6 展望(1) 继续筛选具有高效降解和转化能力的植物和微生物种类; 利用基因技术将除草剂降解的关键基因导入到微生物或植物体内, 增强其耐受性和降解能力.
(2) 研究生物炭修复除草剂的机制和老化效应, 和其对土壤肥力和作物生产力的长期影响, 了解生物炭对土壤动植物的负面影响, 并筛选合适的原材料.
(3) 加强联合修复技术的研究, 尤其是植物-微生物联合修复技术, 探究联合修复作用的机制.
(4) 修复技术在实际农业生产过程中大规模应用时, 要和区域农艺管理措施有机结合, 在注重修复效果的同时, 也要充分考虑技术应用的经济成本.
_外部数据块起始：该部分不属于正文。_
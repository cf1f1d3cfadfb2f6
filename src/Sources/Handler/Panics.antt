-- ===== src/Sources/Handler/Panics.antt =====
-- When one call of Handle (pkg/operatorsource/handler.go) ends in a panic.
use operator_marketplace.Common.{
  ◌≡◌, refl, ◌≢◌, ◌↔◌, inl, inr, true, false, none, arith, Bool-cases, is_some,
}
use operator_marketplace.Common.Errors.{Result, ok, err}
use operator_marketplace.Api.Meta.{is_zero}
use operator_marketplace.Api.OperatorSource.{
  OperatorSource, current_phase_name, remove_source_finalizer,
}
use operator_marketplace.Phase.{purging}
use operator_marketplace.Cluster.{Environment}
use operator_marketplace.Sources.World.{World}
use operator_marketplace.Sources.Reconcilers.{advance, deleted_reconcile}
use operator_marketplace.Sources.Handler.{
  Reconciler, for_deleted, get_phase_reconciler, panicked, reconcile, reconcile_phase, handle,
}
use operator_marketplace.Sources.Handler.Steps.{
  passes, handle_passed, handle_out_of_sync, transition-panicked_iff, Moves-out, reconcile-Moves,
}

module _ (E : Environment) where
  live-ne-deleted :
      (o : OperatorSource) (k : Reconciler)
      → is_zero o.meta.deletion_timestamp ≡ true
      → get_phase_reconciler o ≡ ok k
      → k ≢ for_deleted
  unfolding get_phase_reconciler
  live-ne-deleted o k z h d = ground arith

  live-ne-panicked :
      (o : OperatorSource) (w : World E)
      → is_zero o.meta.deletion_timestamp ≡ true
      → (reconcile_phase E o (get_phase_reconciler o) w).0 ≢ panicked
  unfolding reconcile_phase
  live-ne-panicked o w z = go (get_phase_reconciler o) refl
    where
      go :
          (r : Result Reconciler)
          → get_phase_reconciler o ≡ r
          → (reconcile_phase E o r w).0 ≢ panicked
      go (err e) h = λ p. cc
      go (ok k) h = λ p.
          Moves-out E (current_phase_name o) o (reconcile E k o w).0
            (reconcile-Moves E k o w h (live-ne-deleted o k z h))
            ((transition-panicked_iff E (reconcile E k o w).0 (reconcile E k o w).1).0 p)

  deleted-out :
      (o : OperatorSource) (w : World E)
      → ((deleted_reconcile E o w).0.out ≡ none)
        ↔ (is_some (E.sources.update (remove_source_finalizer o) w.cluster).0 ≡ true)
  unfolding deleted_reconcile
  deleted-out o w = (ground arith, ground arith)

  deleted-panicked_iff :
      (o : OperatorSource) (w : World E)
      → is_zero o.meta.deletion_timestamp ≡ false
      → ((reconcile_phase E o (get_phase_reconciler o) w).0 ≡ panicked)
        ↔ (is_some (E.sources.update (remove_source_finalizer o) w.cluster).0 ≡ true)
  unfolding reconcile_phase get_phase_reconciler
  deleted-panicked_iff o w z = rw z (
      let t = transition-panicked_iff E (deleted_reconcile E o w).0 (deleted_reconcile E o w).1 in
      let d = deleted-out o w in ((λ p. d.0 (t.0 p)), (λ u. t.1 (d.1 u))))

  -- Handle ends in a panic exactly when the object is being deleted, the out-of-sync reconciler
  -- lets it pass, and the update that drops its finalizer fails.
  pub handle-panicked_iff :
      (o : OperatorSource) (w : World E)
      → ((handle E o w).0 ≡ panicked) ↔ (
          (passes E o w ≡ true)
          × (is_zero o.meta.deletion_timestamp ≡ false)
          × (is_some (E.sources.update (remove_source_finalizer o) w.cluster).0 ≡ true))
  handle-panicked_iff o w = elim (Bool-cases (passes E o w)) [
    | inr n ↦
        rw (handle_out_of_sync E o w n)
          ((λ p. cc ((transition-panicked_iff E (advance o purging) w).0 p)), (λ h. cc (n, h.0)))
    | inl y ↦ rw (handle_passed E o w y) (elim (Bool-cases (is_zero o.meta.deletion_timestamp)) [
      | inl z ↦ ((λ p. absurd (live-ne-panicked o w z p)), (λ h. cc (z, h.1)))
      | inr z ↦ (
        (λ p. (y, z, (deleted-panicked_iff o w z).0 p)),
        (λ h. (deleted-panicked_iff o w z).1 h.2),
      )
    ])
  ]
7 结论(1) 农田土壤中除草剂的去除受土壤类型, 除草剂理化性质、残留浓度、污染范围和气候条件等因素的影响, 要因地制宜地选取适合的技术或集成技术.目前研究较多技术主要有生物修复技术和生物炭吸附固定技术.其中微生物修复、酶修复和植物修复等生物修复技术具有无破坏性、成本低、环境友好和易于操作等优点, 是一种消减农田土壤除草剂残留的可持续修复技术.但目前研究中仍存在一些问题.比如, 修复植物和微生物种类繁多, 并且对除草剂的去除往往具有专一性, 导致修复效果存在差异.生物炭具有出色的吸附性能, 能够吸附固定土壤中的除草剂, 还能增加土壤养分和保水能力, 改善土壤结构, 因此被广泛研究.但在实际应用中也存在一些问题, 例如附着在生物炭上的副产品是否会对土壤造成负面影响还不清楚, 还有生物炭制备的条件、修复的时间和成本的控制等.
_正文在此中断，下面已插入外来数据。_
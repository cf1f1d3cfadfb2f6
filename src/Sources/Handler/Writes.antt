-- ===== src/Sources/Handler/Writes.antt =====
-- What one call of Handle writes: the update of the object with its new phase, and the datastore.
use operator_marketplace.Common.{
  ◌≡◌, ◌∙◌, true, false, Option, none, String, List, some, arith, ◌==◌, if◌then◌else◌, is_some,
}
use operator_marketplace.Common.Errors.{Error}
use operator_marketplace.Common.Maps.{IsWithout, lookup-delete}
use operator_marketplace.Api.Meta.{
  Time, Phase, new_phase, is_zero, AreWithout, remove_finalizer, contains-remove_finalizer,
}
use operator_marketplace.Datastore.Rows.{remove_row}
use operator_marketplace.Api.OperatorSource.{
  OperatorSource, current_phase_name, remove_source_finalizer, operator_source_finalizer,
}
use operator_marketplace.Phase.{purging, get_next}
use operator_marketplace.Phase.Transitioner.{transition_into, transition_into_lem}
use operator_marketplace.Datastore.{Datastore, remove_operator_source}
use operator_marketplace.Cluster.{Environment}
use operator_marketplace.Sources.World.{World}
use operator_marketplace.Sources.Reconcilers.{deleted_reconcile}
use operator_marketplace.Sources.Handler.{
  Outcome, get_phase_reconciler, returned, panicked, first_error, reconcile, transition,
  reconcile_phase, handle,
}
use operator_marketplace.Sources.Handler.Steps.{passes, handle_passed, handle_out_of_sync}

-- The object in its next phase, since `now`.
abbrev pub moved : Time → OperatorSource → Phase → OperatorSource
moved now out next = record out {
  status = record (out.status) {
    current_phase = record { phase = next; last_transition_time = now; last_update_time = now };
  };
}

module _ (E : Environment) where
  -- A change of the phase's name is written with one update.
  pub transition_moves :
      (out : OperatorSource) (next : Phase) (e : Option Error) (w : World E)
      → (current_phase_name out == next.name) ≡ false
      → let (u, cluster) = E.sources.update (moved (E.now w.cluster) out next) w.cluster in
        transition E (record { out = some out; next_phase = some next; error = e }) w
        ≡ (returned (first_error e u), record w { cluster = cluster })
  unfolding transition
  transition_moves out next e w n =
      rw (transition_into_lem (E.now w.cluster) out.status.current_phase next, n)

  not_purging :
      (o : OperatorSource) (w : World E)
      → passes E o w ≡ false
      → (current_phase_name o == purging) ≡ false
  not_purging o w n = ground arith

  -- An object that the out-of-sync reconciler does not let pass is updated once, in phase Purging
  -- with the time of the transition; the datastore stays as it is, and the call returns the error
  -- of the update.
  pub handle_purges :
      (o : OperatorSource) (w : World E)
      → passes E o w ≡ false
      → let (error, cluster) =
          E.sources.update (moved (E.now w.cluster) o (get_next purging)) w.cluster in
        handle E o w ≡ (returned error, record w { cluster = cluster })
  handle_purges o w n =
      handle_out_of_sync E o w n
      ∙ transition_moves o (get_next purging) none w
          (unfold get_next new_phase in not_purging o w n)

  deleted_phase :
      (o : OperatorSource) (w : World E)
      → is_zero o.meta.deletion_timestamp ≡ false
      → let (error, cluster) = E.sources.update (remove_source_finalizer o) w.cluster in
        let w' : World E = record {
          store = remove_operator_source o.meta.uid w.store;
          cluster = cluster;
        } in
        reconcile_phase E o (get_phase_reconciler o) w
        ≡ (if is_some error then panicked else returned none, w')
  unfolding reconcile_phase get_phase_reconciler reconcile transition transition_into
      deleted_reconcile
  deleted_phase o w z = rw z (ground arith)

  deletion_handled :
      (o : OperatorSource) (w : World E)
      → passes E o w ≡ true
      → is_zero o.meta.deletion_timestamp ≡ false
      → let (error, cluster) = E.sources.update (remove_source_finalizer o) w.cluster in
        let w' : World E = record {
          store = remove_operator_source o.meta.uid w.store;
          cluster = cluster;
        } in
        handle E o w ≡ (if is_some error then panicked else returned none, w')
  deletion_handled o w y z = handle_passed E o w y ∙ deleted_phase o w z

  -- The row of the object's UID is gone, and the object is written without its finalizer.
  pub record IsForgotten (o : OperatorSource) (w : World E) (r : Outcome × World E) : Type 0 where
    pub store : Datastore
    pub forgotten : IsWithout o.meta.uid w.store.rows store.rows
    pub finalizers : List String
    pub released :
        AreWithout "finalizer.operatorsources.marketplace.redhat.com" o.meta.finalizers finalizers
    pub handled :
        let out : OperatorSource = record o {
          meta = record (o.meta) { finalizers = finalizers };
        } in
        let (error, cluster) = E.sources.update out w.cluster in
        r ≡ (
          if is_some error then panicked else returned none,
          record { store = store; cluster = cluster },
        )

  -- The deletion of an object that passes the out-of-sync reconciler: the datastore loses the row of
  -- the object's UID and keeps every other row; and the object is updated once, which takes its
  -- finalizer away and leaves its other finalizers and fields. The call ends with no error if that
  -- succeeds, and in a panic if it fails.
  pub handle_deleted :
      (o : OperatorSource) (w : World E)
      → passes E o w ≡ true
      → is_zero o.meta.deletion_timestamp ≡ false
      → IsForgotten o w (handle E o w)
  unfolding remove_operator_source remove_row remove_source_finalizer remove_finalizer
  handle_deleted o w y z = record {
    store = remove_operator_source o.meta.uid w.store;
    forgotten = λ uid. lookup-delete o.meta.uid uid w.store.rows;
    finalizers = (remove_source_finalizer o).meta.finalizers;
    released = contains-remove_finalizer o.meta operator_source_finalizer;
    handled = deletion_handled o w y z;
  }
(2) 植物-微生物和材料-微生物等联合修复技术将不同的修复技术进行有机耦合.其中植物-微生物联合修复技术是目前研究的热点, 结合了植物和微生物修复的优点, 并且可规模化应用, 具有广泛的应用前景.但目前研究中仍存在一些问题.对植物-微生物联合技术在土壤除草剂残留修复应用中的相关研究还比较少, 植物和微生物联合方式多种多样, 对不同组合方式的作用机制仍不明确.而关于材料-微生物等联合修复技术, 虽然已证明对除草剂具有良好的降解效果, 但相关研究较少, 对作用机制还不清楚.